Each workspace declares one or more memory stores. At session start, the platform injects recent entries into the agent’s system prompt as labeled blocks:
<memory workspace="my-workspace" store="notes">
- PR review for myorg/myrepo #42 completed — 2 critical findings (2026-04-29)
- User prefers compact summaries
</memory>
Agents can also write to memory explicitly during a job, recording summaries and facts for future sessions.

Declaring memory stores

workspace.yml
memory:
  own:
    - name: notes
      type: short_term
      strategy: narrative
    - name: history
      type: long_term
      strategy: narrative
Memory own is a list of store objects, each with a name, type, and strategy.
FieldOptionsDescription
typeshort_term, long_termShort-term suits rolling context; long-term accumulates durable facts
strategynarrativeNarrative stores auto-inject into agent context

What auto-injects

The 20 most recent entries from every narrative store in the workspace are injected at session start. You don’t configure this per-agent — if the workspace has memory, every agent gets it.

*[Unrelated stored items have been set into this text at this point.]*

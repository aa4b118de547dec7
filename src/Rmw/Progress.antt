-- ===== src/Rmw/Progress.antt =====
-- src/general/rmw.cpp, `init_state_trans_table`: how far an entry is from the state `end`.
pub mod WriteTransfer
pub mod ReadTransfer
pub mod Transfer
use vans.Base.{
  ℕ, zero, suc, ◌+◌, ◌-◌, ◌*◌, ◌<◌, ◌≤◌, ◌≡◌, refl, Bool, true, false, arith, List, length, none,
  Option, ok, ◌>>=◌, Returns, returns, Returns-bind,
}
use vans.Common.{BaseRequest, BaseRequestType, Callback, base_request}
use vans.StaticMemory.{issue_request-deterministic}
use vans.Common.{clk_invalid}
use vans.NextLevel.{NextLevel, Contract}
use vans.Rmw.Entry.{
  BufferEntry, RequestType, write_rmw, write_comb, write_patch, read_cold, read_ff, flush_back,
  RequestState, init, pending_read, pending_modify, pending_write, pending_readout, pending_ait_r,
  pending_ait_w, end,
}
use vans.Rmw.Controller.{Core, issue_next_level, issue_local_memory}
use vans.Rmw.Safety.{CoreOk}

-- The transfers that are left, with `lines` pending reads of the entry.
abbrev pub steps_left : RequestType → RequestState → ℕ → ℕ
steps_left _ end lines = 0
steps_left write_rmw init lines = 6
steps_left write_rmw pending_ait_r lines = 5
steps_left write_rmw pending_read lines = 4
steps_left write_rmw pending_ait_w lines = 3
steps_left write_rmw pending_modify lines = 2
steps_left write_rmw _ lines = 1
steps_left write_comb init lines = 4
steps_left write_comb pending_ait_w lines = 3
steps_left write_comb pending_modify lines = 2
steps_left write_comb _ lines = 1
steps_left write_patch init lines = 4
steps_left write_patch pending_ait_w lines = 3
steps_left write_patch pending_modify lines = 2
steps_left write_patch _ lines = 1
steps_left flush_back init lines = 3
steps_left flush_back pending_ait_w lines = 2
steps_left flush_back _ lines = 1
steps_left read_cold init lines = 2 * lines + 2
steps_left read_cold pending_ait_r lines = 2 * lines + 1
steps_left read_cold pending_read lines = 2 * lines
steps_left read_cold _ lines = 2 * lines - 1
steps_left read_ff init lines = 2 * lines
steps_left read_ff _ lines = 2 * lines - 1

abbrev pub rank : BufferEntry → ℕ
rank e = steps_left e.pending_request.type e.state (length e.pending_request_cl_index)

module _ {N : Type 0} where
  -- One step nearer to the end, with the same request.
  abbrev pub Advances : BufferEntry → BufferEntry × Core N → Type 0
  Advances e p = (p.0.pending_request ≡ e.pending_request) × (rank p.0 + 1 ≡ rank e)

module _ {N : Type 0} {next : NextLevel N} {horizon : ℕ} (contract : Contract next horizon) where
  -- The component below issues each request that it is given.
  abbrev pub Accepting : Type 0
  Accepting =
      (i : ℕ) (req : BaseRequest) (s : N)
      → contract.Good s
      → req.arrive ≤ horizon
      → Returns (λ p. p.0.issued ≡ true) (next.issue_request i req s)

  pub issue_next_level-issued :
      (type : BaseRequestType) (callback : Option Callback) (block_addr : ℕ) (entry : BufferEntry)
      (curr_clk : ℕ) (c : Core N)
      → Accepting
      → curr_clk ≤ horizon
      → CoreOk contract c
      → Returns
          (λ p. p.0.issued ≡ true)
          (issue_next_level next type callback block_addr entry curr_clk c)
  unfolding issue_next_level
  issue_next_level-issued type callback block_addr entry curr_clk c a t v =
      Returns-bind (a _ _ _ v.good t) (λ p h. returns h)

  pub issue_local_memory-issued :
      (type : BaseRequestType) (entry : BufferEntry) (curr_clk : ℕ) (c : Core N)
      → curr_clk ≤ horizon
      → CoreOk contract c
      → Returns (λ p. p.0.issued ≡ true) (issue_local_memory type entry curr_clk c)
  unfolding issue_local_memory
  issue_local_memory-issued type entry curr_clk c t v =
      let req = base_request type entry.pending_request.logic_addr curr_clk none in
      let read_fits : curr_clk + c.local_memory_model.read_latency < clk_invalid =
        let f = v.read_fits in omega arith in
      let write_fits : curr_clk + c.local_memory_model.write_latency < clk_invalid =
        let f = v.write_fits in omega arith in
      Returns-bind (issue_request-deterministic c.local_memory_model req read_fits write_fits)
        (λ r h. returns h.0)
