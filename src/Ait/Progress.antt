-- ===== src/Ait/Progress.antt =====
-- src/general/ait.cpp, `init_state_trans_table`: how far an entry is from the state `end`, and the
-- requests that its transfers issue.
pub mod WriteTransfer
pub mod ReadTransfer
pub mod Transfer
pub mod Refusal
use vans.Base.Bits.{add64}
use vans.Base.{
  ℕ, ◌%◌, inl, inr, Bool-cases, ◌+◌, ◌<◌, ◌≤◌, ◌≡◌, ◌≢◌, refl, Bool, true, false, arith, length,
  ltb, ◌==◌, none, some, ok, err, counter_missing, Result, ◌>>=◌, Returns, returns, Returns-bind,
  if◌then◌else◌,
}
use vans.Common.{BaseRequest, BaseRequestType, base_request}
use vans.RequestQueue
use vans.RequestQueue.{RequestQueue}
use vans.NextLevel.{NextLevel, Contract}
use vans.Rmw.Progress.{Accepting}
use vans.Ait.Entry.{
  BufferEntry, RequestType, read_miss, read_hit, write_miss, write_hit, RequestState, init,
  pending_read_media, pending_write_media, pending_read_dram, pending_write_dram, pending_migration,
  end, IndirectionTable, check_wear_leveling,
}
use vans.Ait.Controller.{Core, issue_next_level, issue_lmemq}

-- The states that a request of each type goes through.
abbrev pub goes_through : RequestType → RequestState → Bool
goes_through _ init = true
goes_through _ end = true
goes_through read_miss pending_read_media = true
goes_through read_miss pending_read_dram = true
goes_through read_hit pending_read_dram = true
goes_through write_miss pending_read_media = true
goes_through write_miss pending_write_dram = true
goes_through write_miss pending_migration = true
goes_through write_miss pending_write_media = true
goes_through write_hit pending_write_dram = true
goes_through write_hit pending_migration = true
goes_through write_hit pending_write_media = true
goes_through _ _ = false

-- The transfers that are left.
abbrev pub steps_left : RequestType → RequestState → ℕ
steps_left _ end = 0
steps_left read_miss init = 3
steps_left read_miss pending_read_media = 2
steps_left read_miss _ = 1
steps_left read_hit init = 2
steps_left read_hit _ = 1
steps_left write_miss init = 5
steps_left write_miss pending_read_media = 4
steps_left _ init = 4
steps_left _ pending_write_dram = 3
steps_left _ pending_migration = 2
steps_left _ _ = 1

abbrev pub rank : BufferEntry → ℕ
rank e = steps_left e.pending_request.type e.state

module _ {N M : Type 0} where
  -- One step nearer to the end, with the same request.
  abbrev pub Advances : BufferEntry → BufferEntry × Core N M → Type 0
  Advances e p = (p.0.pending_request ≡ e.pending_request) × (rank p.0 + 1 ≡ rank e)

-- The check of wear leveling does not divide by 0.
pub check_wear_leveling-ok :
    (addr : ℕ) (t : IndirectionTable)
    → t.wear_leveling_threshold ≢ 0
    → Returns (λ delay. Unit {0}) (check_wear_leveling addr t)
unfolding check_wear_leveling
check_wear_leveling-ok addr t h =
    let off : (t.wear_leveling_threshold == 0) ≡ false = ground arith in
    rw off (elim (Bool-cases (add64 (t.write_cnt addr) 1 % t.wear_leveling_threshold == 0)) [
      | inl due ↦ rw due (returns tt)
      | inr early ↦ rw early (returns tt)
    ])

module _ {N M : Type 0} {next : NextLevel N} {horizon : ℕ} (contract : Contract next horizon) where
  -- The core takes what a transfer issues: the component below is in a good state, the local memory
  -- queue has room, and the wear leveling threshold is not 0.
  pub record CoreReady (c : Core N M) : Type 0 where
    pub good : contract.Good c.next_level_components
    pub room : length c.lmemq.queue < c.lmemq.max_entries
    pub threshold : c.table.wear_leveling_threshold ≢ 0

  pub issue_next_level-issued :
      (type : BaseRequestType) (block_addr : ℕ) (entry : BufferEntry) (curr_clk : ℕ) (c : Core N M)
      → Accepting contract
      → curr_clk ≤ horizon
      → CoreReady c
      → Returns (λ p. p.0.issued ≡ true) (issue_next_level next type block_addr entry curr_clk c)
  unfolding issue_next_level
  issue_next_level-issued type block_addr entry curr_clk c a t v =
      Returns-bind (a _ _ _ v.good t) (λ p h. returns h)

  pub issue_lmemq-issued :
      (type : BaseRequestType) (entry : BufferEntry) (curr_clk : ℕ) (c : Core N M)
      → CoreReady c
      → Returns (λ p. p.0.issued ≡ true) (issue_lmemq entry type curr_clk c)
  unfolding issue_lmemq RequestQueue.enqueue RequestQueue.full
  issue_lmemq-issued type entry curr_clk c v =
      let r = v.room in
      let fits : ltb c.lmemq.max_entries (length c.lmemq.queue) ≡ false = ground arith in
      let space : (length c.lmemq.queue == c.lmemq.max_entries) ≡ false = ground arith in
      rw (fits, space) (returns refl)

Reading and writing memory

Agents use built-in platform tools — no MCP server required:
  • memory_save — write a new entry to a store
  • memory_read — explicitly fetch entries (for time-filtering or reading beyond the 20-entry window)
  • memory_remove — remove a stale entry by ID
In a job, an LLM agent can write a session summary to memory:
workspace.yml
agents:
  session-summarizer:
    type: llm
    description: "Summarizes the session and writes to memory."
    config:
      provider: anthropic
      model: claude-haiku-4-5
      prompt: |
        Summarize what happened in this session in 1-2 sentences.
        Write the result to memory using memory_save.
      tools:
        - memory_save

Keep entries terse

Memory is injected on every session — verbose entries waste context tokens and dilute signal. Rules:
  • One fact per entry, under ~100 characters
  • No preamble (“The user said that…”) — write the fact directly
  • Suffix time-sensitive entries with (YYYY-MM-DD)
Good: PR review for myorg/repo #42 — 2 critical findings (2026-04-29) Avoid: The user asked me to review a pull request and I found that there were two critical security issues in the authentication module

Large content: use artifact references

Don’t write large results directly to memory — they’ll bloat every future session’s context. Instead save the content as an artifact and store a short reference:
# Save the full content as an artifact
→ artifacts_create(...) returns art_abc123

# Write a terse reference to memory
memory_save: "Q1 analysis report → art_abc123 (2026-04-29)"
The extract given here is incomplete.